From the entries below, retype only the lines from the one with "module _ (db" through the one with "(above : All", exactly as written.
————
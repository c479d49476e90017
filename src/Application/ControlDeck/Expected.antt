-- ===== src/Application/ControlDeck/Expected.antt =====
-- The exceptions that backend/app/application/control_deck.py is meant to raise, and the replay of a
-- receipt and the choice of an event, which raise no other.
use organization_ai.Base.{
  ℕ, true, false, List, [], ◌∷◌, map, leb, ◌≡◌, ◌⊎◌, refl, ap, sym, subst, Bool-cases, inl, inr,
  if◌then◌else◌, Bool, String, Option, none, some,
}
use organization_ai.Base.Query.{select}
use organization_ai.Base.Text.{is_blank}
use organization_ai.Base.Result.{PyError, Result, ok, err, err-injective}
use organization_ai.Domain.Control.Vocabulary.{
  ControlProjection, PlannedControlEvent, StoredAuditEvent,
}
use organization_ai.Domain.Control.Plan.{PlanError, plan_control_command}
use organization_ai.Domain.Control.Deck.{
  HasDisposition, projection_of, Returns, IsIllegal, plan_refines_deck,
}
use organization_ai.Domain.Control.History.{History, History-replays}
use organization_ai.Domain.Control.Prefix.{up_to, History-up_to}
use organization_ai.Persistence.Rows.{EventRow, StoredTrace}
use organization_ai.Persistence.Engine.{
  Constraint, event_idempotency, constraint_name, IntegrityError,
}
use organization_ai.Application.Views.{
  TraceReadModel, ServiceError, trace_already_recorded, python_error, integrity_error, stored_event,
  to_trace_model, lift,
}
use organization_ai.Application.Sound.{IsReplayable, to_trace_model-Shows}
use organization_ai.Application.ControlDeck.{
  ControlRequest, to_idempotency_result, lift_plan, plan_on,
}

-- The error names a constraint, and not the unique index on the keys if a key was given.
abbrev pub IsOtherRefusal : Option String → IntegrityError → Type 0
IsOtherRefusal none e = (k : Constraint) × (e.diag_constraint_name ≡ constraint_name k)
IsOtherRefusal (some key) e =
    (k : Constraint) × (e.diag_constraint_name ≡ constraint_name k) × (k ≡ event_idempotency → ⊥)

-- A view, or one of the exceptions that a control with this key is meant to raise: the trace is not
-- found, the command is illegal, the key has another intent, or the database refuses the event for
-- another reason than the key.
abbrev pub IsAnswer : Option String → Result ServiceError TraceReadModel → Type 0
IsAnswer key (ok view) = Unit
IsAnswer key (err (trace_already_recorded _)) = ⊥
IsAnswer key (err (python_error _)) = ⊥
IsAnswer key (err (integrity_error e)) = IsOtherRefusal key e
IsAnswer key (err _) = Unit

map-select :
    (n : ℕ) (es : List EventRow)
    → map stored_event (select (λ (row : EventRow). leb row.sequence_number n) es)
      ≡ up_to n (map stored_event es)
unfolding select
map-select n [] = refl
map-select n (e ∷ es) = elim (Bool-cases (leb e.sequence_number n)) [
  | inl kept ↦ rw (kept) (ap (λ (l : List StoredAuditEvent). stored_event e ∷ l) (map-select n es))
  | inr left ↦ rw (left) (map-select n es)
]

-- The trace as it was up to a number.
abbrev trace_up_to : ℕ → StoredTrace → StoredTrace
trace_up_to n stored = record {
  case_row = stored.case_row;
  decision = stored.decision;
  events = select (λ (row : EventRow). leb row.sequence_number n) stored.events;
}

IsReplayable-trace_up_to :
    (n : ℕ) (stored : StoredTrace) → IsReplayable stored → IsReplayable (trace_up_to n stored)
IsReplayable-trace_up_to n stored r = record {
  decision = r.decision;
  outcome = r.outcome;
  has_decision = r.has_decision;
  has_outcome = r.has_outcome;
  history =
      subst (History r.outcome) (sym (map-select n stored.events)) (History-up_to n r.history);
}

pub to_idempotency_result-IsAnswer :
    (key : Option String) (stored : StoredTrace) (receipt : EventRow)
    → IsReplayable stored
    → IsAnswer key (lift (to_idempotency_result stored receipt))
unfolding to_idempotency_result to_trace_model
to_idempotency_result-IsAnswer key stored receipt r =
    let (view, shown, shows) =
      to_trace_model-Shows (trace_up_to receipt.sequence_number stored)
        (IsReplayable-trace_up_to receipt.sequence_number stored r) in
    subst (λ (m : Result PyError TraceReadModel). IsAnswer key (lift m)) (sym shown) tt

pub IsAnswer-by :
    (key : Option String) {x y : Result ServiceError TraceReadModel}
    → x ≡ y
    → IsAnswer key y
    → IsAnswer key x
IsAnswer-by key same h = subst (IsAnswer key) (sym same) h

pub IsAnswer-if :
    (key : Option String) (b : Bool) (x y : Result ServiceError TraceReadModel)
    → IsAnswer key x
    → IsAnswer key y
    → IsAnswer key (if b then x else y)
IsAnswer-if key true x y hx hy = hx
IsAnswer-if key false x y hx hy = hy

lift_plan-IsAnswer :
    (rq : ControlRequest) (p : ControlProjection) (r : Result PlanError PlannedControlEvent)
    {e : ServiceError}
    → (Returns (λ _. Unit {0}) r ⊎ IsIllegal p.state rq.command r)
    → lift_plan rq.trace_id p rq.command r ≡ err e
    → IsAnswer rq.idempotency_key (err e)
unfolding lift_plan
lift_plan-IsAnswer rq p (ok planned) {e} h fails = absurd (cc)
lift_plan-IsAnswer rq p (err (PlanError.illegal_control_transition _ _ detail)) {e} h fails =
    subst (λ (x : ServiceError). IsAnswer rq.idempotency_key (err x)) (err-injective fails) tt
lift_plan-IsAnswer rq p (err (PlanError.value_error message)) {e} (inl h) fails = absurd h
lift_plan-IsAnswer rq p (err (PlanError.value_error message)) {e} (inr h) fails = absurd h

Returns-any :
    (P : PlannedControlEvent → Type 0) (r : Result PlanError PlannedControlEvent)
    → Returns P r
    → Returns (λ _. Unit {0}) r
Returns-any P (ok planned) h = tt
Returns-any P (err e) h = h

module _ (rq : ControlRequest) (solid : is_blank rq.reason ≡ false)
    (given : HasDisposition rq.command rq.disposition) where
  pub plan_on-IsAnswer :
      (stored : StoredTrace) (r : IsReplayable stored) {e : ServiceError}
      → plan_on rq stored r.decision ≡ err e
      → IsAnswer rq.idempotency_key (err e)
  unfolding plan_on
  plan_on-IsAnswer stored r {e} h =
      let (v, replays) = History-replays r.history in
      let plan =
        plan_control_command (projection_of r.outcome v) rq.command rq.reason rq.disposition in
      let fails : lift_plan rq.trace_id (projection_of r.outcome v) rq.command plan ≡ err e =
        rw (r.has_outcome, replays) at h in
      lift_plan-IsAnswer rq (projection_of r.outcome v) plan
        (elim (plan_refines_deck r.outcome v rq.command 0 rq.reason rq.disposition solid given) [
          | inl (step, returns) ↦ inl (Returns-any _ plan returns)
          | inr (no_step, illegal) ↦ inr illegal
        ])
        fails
————
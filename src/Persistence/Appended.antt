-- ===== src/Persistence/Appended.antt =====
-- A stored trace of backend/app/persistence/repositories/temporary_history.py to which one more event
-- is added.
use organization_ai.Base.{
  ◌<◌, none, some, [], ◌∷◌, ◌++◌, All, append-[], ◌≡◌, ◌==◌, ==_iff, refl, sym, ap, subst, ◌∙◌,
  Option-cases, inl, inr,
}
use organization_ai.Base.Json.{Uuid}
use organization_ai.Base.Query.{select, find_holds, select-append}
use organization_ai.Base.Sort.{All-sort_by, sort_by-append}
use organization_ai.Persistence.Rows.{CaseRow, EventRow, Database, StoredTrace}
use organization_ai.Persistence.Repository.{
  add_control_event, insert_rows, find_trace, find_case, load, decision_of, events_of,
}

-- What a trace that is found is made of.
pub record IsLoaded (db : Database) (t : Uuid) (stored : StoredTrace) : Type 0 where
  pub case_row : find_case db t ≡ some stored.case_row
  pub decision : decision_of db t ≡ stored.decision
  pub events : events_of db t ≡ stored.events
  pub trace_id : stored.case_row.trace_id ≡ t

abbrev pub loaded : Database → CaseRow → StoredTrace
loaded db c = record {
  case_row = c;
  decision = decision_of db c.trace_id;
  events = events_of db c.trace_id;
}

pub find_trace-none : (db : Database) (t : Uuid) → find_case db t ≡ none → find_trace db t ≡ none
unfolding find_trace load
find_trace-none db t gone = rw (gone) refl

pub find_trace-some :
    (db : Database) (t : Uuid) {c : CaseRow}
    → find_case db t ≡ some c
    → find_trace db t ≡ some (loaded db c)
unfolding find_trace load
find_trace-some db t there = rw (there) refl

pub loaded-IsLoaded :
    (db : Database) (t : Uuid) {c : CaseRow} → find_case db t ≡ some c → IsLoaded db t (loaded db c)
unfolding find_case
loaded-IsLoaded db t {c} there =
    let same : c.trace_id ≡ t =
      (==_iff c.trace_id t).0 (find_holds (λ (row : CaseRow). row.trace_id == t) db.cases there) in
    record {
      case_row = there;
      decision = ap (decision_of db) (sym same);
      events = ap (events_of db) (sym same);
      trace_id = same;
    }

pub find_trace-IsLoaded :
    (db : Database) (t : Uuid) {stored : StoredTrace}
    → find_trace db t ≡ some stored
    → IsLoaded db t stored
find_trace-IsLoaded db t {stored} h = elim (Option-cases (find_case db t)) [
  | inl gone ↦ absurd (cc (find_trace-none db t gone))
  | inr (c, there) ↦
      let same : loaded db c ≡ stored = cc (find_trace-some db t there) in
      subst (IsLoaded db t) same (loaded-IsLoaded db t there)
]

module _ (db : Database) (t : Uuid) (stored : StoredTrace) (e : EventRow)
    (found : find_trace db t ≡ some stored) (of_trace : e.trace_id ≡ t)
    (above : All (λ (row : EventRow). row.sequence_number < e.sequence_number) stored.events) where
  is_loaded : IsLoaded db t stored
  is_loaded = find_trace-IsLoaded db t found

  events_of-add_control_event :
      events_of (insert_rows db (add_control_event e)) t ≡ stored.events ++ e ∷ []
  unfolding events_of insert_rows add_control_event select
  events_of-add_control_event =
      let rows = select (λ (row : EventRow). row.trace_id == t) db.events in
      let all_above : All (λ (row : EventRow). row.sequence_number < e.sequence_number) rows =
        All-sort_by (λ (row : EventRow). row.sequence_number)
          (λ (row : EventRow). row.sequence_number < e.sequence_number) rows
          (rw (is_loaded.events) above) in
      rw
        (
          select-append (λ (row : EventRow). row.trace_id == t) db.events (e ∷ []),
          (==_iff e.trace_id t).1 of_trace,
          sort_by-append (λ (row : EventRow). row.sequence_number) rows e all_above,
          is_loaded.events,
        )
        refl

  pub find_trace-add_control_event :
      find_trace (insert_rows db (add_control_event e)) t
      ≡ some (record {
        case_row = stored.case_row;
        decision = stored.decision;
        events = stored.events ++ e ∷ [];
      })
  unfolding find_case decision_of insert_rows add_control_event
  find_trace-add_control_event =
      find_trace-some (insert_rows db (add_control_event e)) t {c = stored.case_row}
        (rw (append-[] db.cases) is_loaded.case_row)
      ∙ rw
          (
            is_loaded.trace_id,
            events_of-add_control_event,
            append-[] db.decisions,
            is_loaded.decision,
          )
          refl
————
Written response
module _ (db : Database) (t : Uuid) (stored : StoredTrace) (e : EventRow)
    (found : find_trace db t ≡ some stored) (of_trace : e.trace_id ≡ t)
    (above : All (λ (row : EventRow). row.sequence_number < e.sequence_number) stored.events) where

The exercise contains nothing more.